第14章
第二天葉崢照舊是屋裏起得最晚的,起床後雲清已經挑了水喂了雞,正在掃院子,竹掃帚發出沙沙的掃地聲,院裏昨夜刮了風,院裏的老樹落下不少葉子來。
葉崢這才驚覺,距離他穿越到這裏已經有大半個月,古代沒有溫室效應,過了農曆八月就入秋了。
葉崢深吸一口颯爽的空氣,迎著朝陽做起強身健體的八段錦來,他現在已經可以一口氣循環八個動作,一共做上九遍了,算是恢複了上輩子的基礎水平,不過這還遠遠不夠。
這些日子雲清已經習慣葉崢早起先鍛煉身體,不緊不慢掃幹淨院子,等葉崢神清氣爽停下手去刷牙凈臉的時候,他就從鍋裏端出娘早起做好熱著的早飯,和葉崢一起在院子的石桌上吃。
今天的早飯是昨夜剩下的玉米麵餅子和雜糧糊糊,配菜是一碟醃黃瓜,咬在嘴裏嘎吱嘎吱的,這醃黃瓜實話說吃起來味道一般,但葉崢喜歡嚼起來嘎吱嘎吱的清脆口感,沒忍住多夾了兩筷子,被齁得直喝雜糧糊。
雲清便思索著去鎮上的時候帶點什麽下飯菜回來,也要那清脆爽口的,但味兒不要太鹹,葉崢口味清淡吃不了鹹。
哪兒啊其實,葉崢也不是清淡口,他上輩子也沒少吃麻辣火鍋烤魚炸串之類的,那些雖然重口但滋味豐富,這黃瓜隻是齁鹹,還是不一樣的。

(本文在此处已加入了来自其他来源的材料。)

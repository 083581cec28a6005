-- ===== src/Grain/Pages.antt =====
-- A grain on disk as its pages: what `load`, `walk` and the commit read of it.
use timberfs.Prelude.{
  ℕ, zero, suc, ◌+◌, ◌≤◌, ◌<◌, ◌≡◌, refl, ap, ◌∙◌, sym, min, Bool, true, false, ◌&&◌, ◌⊎◌, inl, inr,
  List, [], ◌∷◌, ◌++◌, map, concat, some, length, take, drop, All, arith, ltb, leb, le→ltb, lt→ltb,
  le→leb, lt→leb, append_assoc, length-append, length-drop, take-append_eq, drop-append_eq,
  drop-drop, if◌then◌else◌,
}
use timberfs.Bytes.{slice, to_le, from_le, u32_at, IsU32}
use timberfs.Bytes.LittleEndian.{from_le-u32}
use timberfs.Grain.{Tail, first_record_offset, load, load_loop, walk, walk_loop}

abbrev pub page_record : List ℕ → List ℕ
page_record p = to_le 4 (length p) ++ p

abbrev pub encode_pages : List (List ℕ) → List ℕ
encode_pages ps = concat (map page_record ps)

abbrev pub IsPage : List ℕ → Type 0
IsPage p = IsU32 (length p)

-- What a crash may leave behind the last whole record: too short for a length, or for its own.
abbrev pub IsTorn : List ℕ → Type 0
IsTorn t = (length t < 4) ⊎ (length t < 4 + u32_at 0 t)

-- A file whose header says that its records start at `first`, and whose records are these pages.
pub record IsGrain (file : List ℕ) (first : ℕ) (ps : List (List ℕ)) (torn : List ℕ) : Type 0 where
  pub offset : first_record_offset file ≡ some first
  pub inside : first ≤ length file
  pub behind : drop first file ≡ encode_pages ps ++ torn
  pub pages : All IsPage ps
  pub cut_short : IsTorn torn

pub length-page_record : (p : List ℕ) → length (page_record p) ≡ 4 + length p
unfolding to_le
length-page_record p = omega arith

module _ (file : List ℕ) where
  -- A record at `off`: its length, its page, and what is behind it.
  pub record At (off : ℕ) (p rest : List ℕ) : Type 0 where
    pub len : u32_at off file ≡ length p
    pub page : slice (off + 4) (length p) file ≡ p
    pub room : off + 4 + length p ≤ length file
    pub next : drop (off + 4 + length p) file ≡ rest

  pub At-record :
      (off : ℕ) (p rest : List ℕ)
      → off ≤ length file
      → IsPage p
      → drop off file ≡ page_record p ++ rest
      → At off p rest
  unfolding to_le
  At-record off p rest h small e = record {
    len = ap (λ b. from_le (take 4 b)) e ∙ from_le-u32 (length p) small;
    page =
        ap (take (length p)) (sym (drop-drop off 4 (off + 4) file refl) ∙ ap (drop 4) e)
        ∙ take-append_eq (length p) p rest refl;
    room = omega (arith, h, ap length e, length-drop off file, length-append p rest);
    next =
        sym (drop-drop off (4 + length p) (off + 4 + length p) file (omega arith))
        ∙ ap (drop (4 + length p)) e
        ∙ drop-append_eq (4 + length p) (page_record p) rest (omega arith);
  }

  -- Behind the last record there is not another one.
  pub at_torn :
      (off : ℕ) (torn : List ℕ)
      → off ≤ length file
      → IsTorn torn
      → drop off file ≡ torn
      → (length file < off + 4) ⊎ (length file < off + 4 + u32_at off file)
  at_torn off torn h (inl short) e =
      inl (omega (arith, h, short, ap length e, length-drop off file))
  at_torn off torn h (inr cut) e =
      inr (omega (arith, h, cut, ap (λ b. from_le (take 4 b)) e, ap length e, length-drop off file))

  load_loop-pages :
      (ps : List (List ℕ)) (torn : List ℕ) (fuel off : ℕ)
      → All IsPage ps
      → IsTorn torn
      → off ≤ length file
      → length file < fuel + off
      → drop off file ≡ encode_pages ps ++ torn
      → load_loop fuel off file ≡ ps
  unfolding load_loop
  load_loop-pages ps torn zero off hp ht h enough e = absurd (omega (arith, h, enough))
  load_loop-pages [] torn (suc fuel) off hp ht h enough e = elim (at_torn off torn h ht e) [
    | inl short ↦ rw (lt→ltb (length file) (off + 4) short)
    | inr cut ↦
        rw (lt→ltb (length file) (off + 4 + u32_at off file) cut)
          (either (ltb (length file) (off + 4)))
  ]
    where
      either : (b : Bool) → ◌≡◌ {A = List (List ℕ)} (if b then [] else []) []
      either true = refl
      either false = refl
  load_loop-pages (p ∷ ps) torn (suc fuel) off (hp, hs) ht h enough e =
      let a =
        At-record off p (encode_pages ps ++ torn) h hp
          (e ∙ append_assoc (page_record p) (encode_pages ps) torn) in
      rw (
        a.len,
        le→ltb (length file) (off + 4) (omega (arith, a.room)),
        le→ltb (length file) (off + 4 + length p) a.room,
        a.page,
        load_loop-pages ps torn fuel (off + 4 + length p) hs ht a.room (omega (arith, enough))
            a.next,
      )

  stops :
      (fuel len max : ℕ) (t : Tail)
      → len ≡ length file
      → (max ≤ t.count)
        ⊎ ((length file < t.end + 4) ⊎ (length file < t.end + 4 + u32_at t.end file))
      → walk_loop fuel file len max t ≡ t
  unfolding walk_loop
  stops zero len max t el why = refl
  stops (suc fuel) len max t el (inl full) = rw (le→ltb t.count max full)
  stops (suc fuel) len max t el (inr (inl short)) =
      rw (lt→leb (t.end + 4) len (omega (arith, el, short))) (no_more (ltb t.count max) _)
    where
      no_more : (b : Bool) (x : Tail) → ◌≡◌ {A = Tail} (if b && false then x else t) t
      no_more true x = refl
      no_more false x = refl
  stops (suc fuel) len max t el (inr (inr cut)) =
      rw (lt→ltb len (t.end + 4 + u32_at t.end file) (omega (arith, el, cut)))
        (same (ltb t.count max && leb (t.end + 4) len))
    where
      same : (b : Bool) → ◌≡◌ {A = Tail} (if b then t else t) t
      same true = refl
      same false = refl

  one_round :
      (fuel len max : ℕ) (t : Tail) (p : List ℕ)
      → len ≡ length file
      → t.count < max
      → u32_at t.end file ≡ length p
      → t.end + 4 + length p ≤ length file
      → walk_loop (suc fuel) file len max t
        ≡ walk_loop fuel file len max (record { count = t.count + 1; end = t.end + (4 + length p) })
  unfolding walk_loop
  one_round fuel len max t p el more found room = rw (
    found,
    lt→ltb t.count max more,
    le→leb (t.end + 4) len (omega (arith, el, room)),
    le→ltb len (t.end + 4 + length p) (omega (arith, el, room)),
  )

  -- The walk counts the pages, `m` at most, and finds where they end.
  walk_loop-pages :
      (ps : List (List ℕ)) (torn : List ℕ) (fuel len max m : ℕ) (t : Tail)
      → len ≡ length file
      → max ≡ t.count + m
      → All IsPage ps
      → IsTorn torn
      → t.end ≤ length file
      → length file < fuel + t.end
      → drop t.end file ≡ encode_pages ps ++ torn
      → walk_loop fuel file len max t ≡ record {
        count = t.count + min m (length ps);
        end = t.end + length (encode_pages (take m ps));
      }
  walk_loop-pages ps torn fuel len max zero t el em hp ht h enough e =
      stops fuel len max t el (inl (omega (arith, em)))
      ∙ (λ i. record { count = none_wanted i; end = plus_zero i })
    where
      none_wanted : t.count ≡ t.count + min 0 (length ps)
      none_wanted = omega arith

      plus_zero : t.end ≡ t.end + 0
      plus_zero = omega arith
  walk_loop-pages [] torn fuel len max (suc m) t el em hp ht h enough e =
      stops fuel len max t el (inr (at_torn t.end torn h ht e))
      ∙ (λ i. record { count = none_left i; end = plus_zero i })
    where
      none_left : t.count ≡ t.count + min (suc m) 0
      none_left = omega arith

      plus_zero : t.end ≡ t.end + 0
      plus_zero = omega arith
  walk_loop-pages (p ∷ ps) torn zero len max (suc m) t el em hp ht h enough e =
      absurd (omega (arith, h, enough))
  walk_loop-pages (p ∷ ps) torn (suc fuel) len max (suc m) t el em (hp, hs) ht h enough e =
      let a =
        At-record t.end p (encode_pages ps ++ torn) h hp
          (e ∙ append_assoc (page_record p) (encode_pages ps) torn) in
      one_round fuel len max t p el (omega (arith, em)) a.len a.room
      ∙ walk_loop-pages ps torn fuel len max m
          (record { count = t.count + 1; end = t.end + (4 + length p) }) el (omega (arith, em)) hs
          ht (omega (arith, a.room)) (omega (arith, enough))
          (ap (λ (n : ℕ). drop n file) (omega arith) ∙ a.next)
      ∙ (λ i. record { count = counted i; end = ended i })
    where
      counted : t.count + 1 + min m (length ps) ≡ t.count + min (suc m) (suc (length ps))
      counted = omega arith

      ended :
          t.end + (4 + length p) + length (encode_pages (take m ps))
          ≡ t.end + length (page_record p ++ encode_pages (take m ps))
      ended =
          omega
            (arith, length-append (page_record p) (encode_pages (take m ps)), length-page_record p)

-- The three readers of a grain: its pages, how many there are and where they end, up to `max`.
module _ (file : List ℕ) (first : ℕ) (ps : List (List ℕ)) (torn : List ℕ)
    (g : IsGrain file first ps torn) where
  pub walk-IsGrain :
      (max : ℕ)
      → 0 < first
      → walk file first (length file) max ≡ record {
        count = 0 + min max (length ps);
        end = first + length (encode_pages (take max ps));
      }
  unfolding walk
  walk-IsGrain max h =
      walk_loop-pages file ps torn (length file) (length file) max max
        (record { count = 0; end = first }) refl (omega arith) g.pages g.cut_short g.inside
        (omega (arith, h)) g.behind

  -- A grain is loaded as its pages, whatever a crash left behind the last one.
  pub load-IsGrain : 0 < first → load file ≡ some ps
  unfolding load
  load-IsGrain h = rw (g.offset) (
      ap some (
        load_loop-pages file ps torn (length file) first g.pages g.cut_short g.inside
          (omega (arith, h)) g.behind))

葉崢多喝了半碗糊糊,碗裏剩下的一角餅子就吃不下了,雲清見他咽得艱難,毫無芥蒂就夾到自己碗裏,三兩口就吃光了。
這好胃口著實令葉崢羨慕,幻想著什麽時候自己也能完全恢複上輩子的飯量,大口大口吃東西多香啊。
邊吃雲清邊和葉崢說:“虎頭哥明天去鎮上,我和他說了到時候捎上我倆一起去。”
虎頭是村長的兒子,十天半月地會趕牛車進一趟城裏賣柴火,村裏有采買或者出賣大件的人家多半會趁機搭上一程,友情服務,不收錢。

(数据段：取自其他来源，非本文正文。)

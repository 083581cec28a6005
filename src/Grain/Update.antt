-- ===== src/Grain/Update.antt =====
-- `build_grain`, `extend_grain`, `append_page` and `rebase_head` of src/grain.rs: how the token index
-- follows its store.
pub mod Covers
pub mod Located
pub mod Chunks
pub mod Answers
pub mod Adopt
pub mod Build
pub mod Extend
pub mod Rebase
use timberfs.Prelude.{
  ℕ, zero, suc, ◌+◌, ◌-◌, ◌*◌, ◌/◌, ◌%◌, ◌^◌, min, Bool, true, false, ◌&&◌, ◌||◌, not, List, [],
  ◌∷◌, ◌++◌, Option, none, some, length, take, drop, replicate, get_elem?,
}
use timberfs.Prelude.{Result, ok, err, ltb, leb, ◌==◌, if◌then◌else◌, ◌>>=◌}
use timberfs.Bytes.{slice, to_le, u32_at, bytes_eq, write_at, set_len}
use timberfs.Format.{ChunkRecord, parse_index_versioned}
use timberfs.Format
use timberfs.Format.Chunk.{Zstd, ChunkError, read_frame, decode_frame}
use timberfs.Format.Last.{read_index_tail}
use timberfs.Grain.Tokens.{tokenize}
use timberfs.Grain.Bloom.{build_filter, filter_contains}
use timberfs.Grain.{
  grain_magic, grain_magic_v2, header_len, lead_len, header_bytes, Stamp, Tail, Commit, GrainFiles,
  GrainError, index, chunk, stamp, walk, load_commit, save_commit, locate,
}

-- The two writes of one record.
unfoldable pub write_page : List ℕ → ℕ → List ℕ → List ℕ
unfolding write_at to_le
write_page file off filter =
    write_at (write_at file off (to_le 4 (length filter % 2 ^ 32))) (off + 4) filter

abbrev pub chunk_error : {A : Type 0} → Result ChunkError A → Result GrainError A
chunk_error (ok a) = ok a
chunk_error (err e) = err (chunk e)

abbrev pub index_error : {A : Type 0} → Result Format.Error A → Result GrainError A
index_error (ok a) = ok a
index_error (err e) = err (index e)

-- The loop over the chunks that are not indexed yet: the file, and where its records end.
unfoldable pub index_chunks :
    Zstd → List ℕ → List ChunkRecord → List ℕ → ℕ → Result GrainError (List ℕ × ℕ)
unfolding read_frame decode_frame build_filter tokenize write_page
index_chunks z trunk [] file off = ok (file, off)
index_chunks z trunk (c ∷ cs) file off = do
  comp ← chunk_error (read_frame trunk c)
  bytes ← chunk_error (decode_frame z comp c.uncomp_len)
  let filter = build_filter (tokenize bytes)
  index_chunks z trunk cs (write_page file off filter) (off + 4 + length filter)

abbrev pub committed : ℕ → ℕ → List ℕ × ℕ → GrainFiles
committed ino count p = record {
  grain = some p.0;
  ino = ino;
  commit = save_commit ino p.0 (record { count = count; end = p.1 });
}

-- `fresh` is the inode of the file that is staged and renamed into place.
unfoldable pub build_grain : Zstd → List ℕ → List ℕ → ℕ → Result GrainError GrainFiles
unfolding parse_index_versioned index_chunks save_commit header_bytes
build_grain z rings trunk fresh = do
  (records, version) ← index_error (parse_index_versioned rings)
  p ← index_chunks z trunk records (header_bytes header_len) header_len
  ok (committed fresh (length records) p)

-- `extend_grain` of a grain whose records end at `tail`, known from the commit or walked to, against
-- the number of chunks and the ones behind those covered.
abbrev pub extend_by :
    Zstd
    → List ℕ
    → List ℕ
    → ℕ
    → GrainFiles
    → List ℕ
    → Tail
    → Bool
    → ℕ × List ChunkRecord
    → Result GrainError GrainFiles
extend_by z rings trunk fresh g cut tail known (chunks, new) =
    if ltb chunks tail.count
    then build_grain z rings trunk fresh
    else if tail.count == chunks
    then ok (record {
      grain = some cut;
      ino = g.ino;
      commit = (if known then g.commit else save_commit g.ino cut tail);
    })
    else (index_chunks z trunk new cut tail.end >>= λ p. ok (committed g.ino chunks p))

-- What lies past the committed end is cut off.
abbrev pub cut_tail : List ℕ → Tail → List ℕ
cut_tail file tail = if ltb tail.end (length file) then set_len tail.end file else file

abbrev pub extend_from :
    Zstd → List ℕ → List ℕ → ℕ → GrainFiles → List ℕ → Tail → Bool → Result GrainError GrainFiles
extend_from z rings trunk fresh g file tail known = do
  counted ← index_error (read_index_tail rings tail.count)
  extend_by z rings trunk fresh g (cut_tail file tail) tail known counted

abbrev pub extend_located :
    Zstd
    → List ℕ
    → List ℕ
    → ℕ
    → GrainFiles
    → List ℕ
    → Option (Tail × Bool)
    → Result GrainError GrainFiles
extend_located z rings trunk fresh g file none = build_grain z rings trunk fresh
extend_located z rings trunk fresh g file (some (tail, known)) =
    extend_from z rings trunk fresh g file tail known

abbrev pub extend_file :
    Zstd → List ℕ → List ℕ → ℕ → GrainFiles → Option (List ℕ) → Result GrainError GrainFiles
extend_file z rings trunk fresh g none = build_grain z rings trunk fresh
extend_file z rings trunk fresh g (some file) =
    extend_located z rings trunk fresh g file (locate g.ino g.commit file)

unfoldable pub extend_grain : Zstd → List ℕ → List ℕ → ℕ → GrainFiles → Result GrainError GrainFiles
unfolding build_grain locate index_chunks save_commit read_index_tail set_len
extend_grain z rings trunk fresh g = extend_file z rings trunk fresh g g.grain

abbrev pub empty_tail : Tail
empty_tail = record { count = 0; end = header_len }

-- A page adopted behind the records of the grain, or of a fresh one.
abbrev pub page_behind : ℕ → List ℕ → Tail → List ℕ → GrainFiles
page_behind ino file tail page = committed ino (tail.count + 1) (
  write_at (cut_tail file tail) tail.end (to_le 4 (length page % 2 ^ 32) ++ page),
  tail.end + (4 + length page),
)

abbrev pub append_located : ℕ → ℕ → List ℕ → List ℕ → Option (Tail × Bool) → GrainFiles
append_located ino fresh file page none =
    page_behind fresh (header_bytes header_len) empty_tail page
append_located ino fresh file page (some (tail, known)) = page_behind ino file tail page

abbrev pub append_file : ℕ → Option Commit → ℕ → Option (List ℕ) → List ℕ → GrainFiles
append_file ino commit fresh none page = page_behind fresh (header_bytes header_len) empty_tail page
append_file ino commit fresh (some file) page =
    append_located ino fresh file page (locate ino commit file)

unfoldable pub append_page : ℕ → List ℕ → GrainFiles → GrainFiles
unfolding locate header_bytes write_at set_len save_commit to_le
append_page fresh page g = append_file g.ino g.commit fresh g.grain page

-- `known.map(..)` and `recommit`
abbrev pub recommit : ℕ → List ℕ → Option Tail → Option Commit
recommit ino file none = none
recommit ino file (some t) = save_commit ino file t

abbrev pub collapsed_tail : ℕ → ℕ → Option Tail → Option Tail
collapsed_tail k aligned none = none
collapsed_tail k aligned (some t) = some (record { count = t.count - k; end = t.end - aligned })

abbrev pub copied_tail : ℕ → ℕ → Option Tail → Option Tail
copied_tail k survivors none = none
copied_tail k survivors (some t) =
    some (record { count = t.count - k; end = header_len + (t.end - survivors) })

-- `.filter(..)`
abbrev pub usable : ℕ → ℕ → Option Tail → Option Tail
usable k survivors none = none
usable k survivors (some t) = if leb k t.count && leb survivors t.end then some t else none

abbrev pub end_of : Option Tail → ℕ → ℕ
end_of none len = len
end_of (some t) len = t.end

-- The whole blocks come off the front and the header is written over what is left of the dead bytes;
-- or the tail is copied behind a new header.
unfoldable pub rebase_known : Bool → ℕ → ℕ → ℕ → ℕ → List ℕ → ℕ → ℕ → Option Tail → GrainFiles
unfolding write_at header_bytes save_commit
rebase_known can_collapse bsize fresh k ino file len survivors known =
    let aligned = (survivors - header_len) / bsize * bsize in
    let collapsed = write_at (drop aligned file) 0 (header_bytes (survivors - aligned)) in
    let copied = header_bytes header_len ++ slice survivors (end_of known len - survivors) file in
    if ltb 0 aligned && can_collapse
    then record {
      grain = some collapsed;
      ino = ino;
      commit = recommit ino collapsed (collapsed_tail k aligned known);
    }
    else record {
      grain = some copied;
      ino = fresh;
      commit = recommit fresh copied (copied_tail k survivors known);
    }

abbrev pub no_grain : GrainFiles → GrainFiles
no_grain g = record g { grain = none; commit = none }

abbrev pub rebase_stamped : Bool → ℕ → ℕ → ℕ → GrainFiles → List ℕ → Option Stamp → GrainFiles
rebase_stamped can_collapse bsize fresh k g file none = no_grain g
rebase_stamped can_collapse bsize fresh k g file (some s) =
    let t = walk file s.first s.len k in
    if t.count == k
    then rebase_known can_collapse bsize fresh k g.ino file s.len t.end
        (usable k t.end (load_commit g.commit s))
    else no_grain g

abbrev pub rebase_file : Bool → ℕ → ℕ → ℕ → GrainFiles → Option (List ℕ) → GrainFiles
rebase_file can_collapse bsize fresh k g none = g
rebase_file can_collapse bsize fresh k g (some file) =
    rebase_stamped can_collapse bsize fresh k g file (stamp g.ino file)

-- `can_collapse` is whether the file system supports the collapse.
unfoldable pub rebase_head : Bool → ℕ → ℕ → ℕ → GrainFiles → GrainFiles
unfolding stamp walk load_commit rebase_known
rebase_head can_collapse bsize fresh k g =
    if k == 0 then g else rebase_file can_collapse bsize fresh k g g.grain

往常雲清或者雲爹去鎮上是不搭車的,東西往背簍裏一丟抗上就走,他倆腳程快,早上出門中午就到了鎮上,辦完事太陽沒下山就到家了。
但考慮到葉崢大病初愈的體力,保險起見,雲清還是搭了車。
從鎮上到村裏中間都是荒地,雲清自己是不怕的,有時候他去山上走得遠了還在山裏過夜,但帶上葉崢他總就覺得不放心了,不放心,但也不煩,要不是擔心葉崢走不動,甚至願意陪他慢慢走,走到天荒地老,這大約就是甜蜜的負擔吧。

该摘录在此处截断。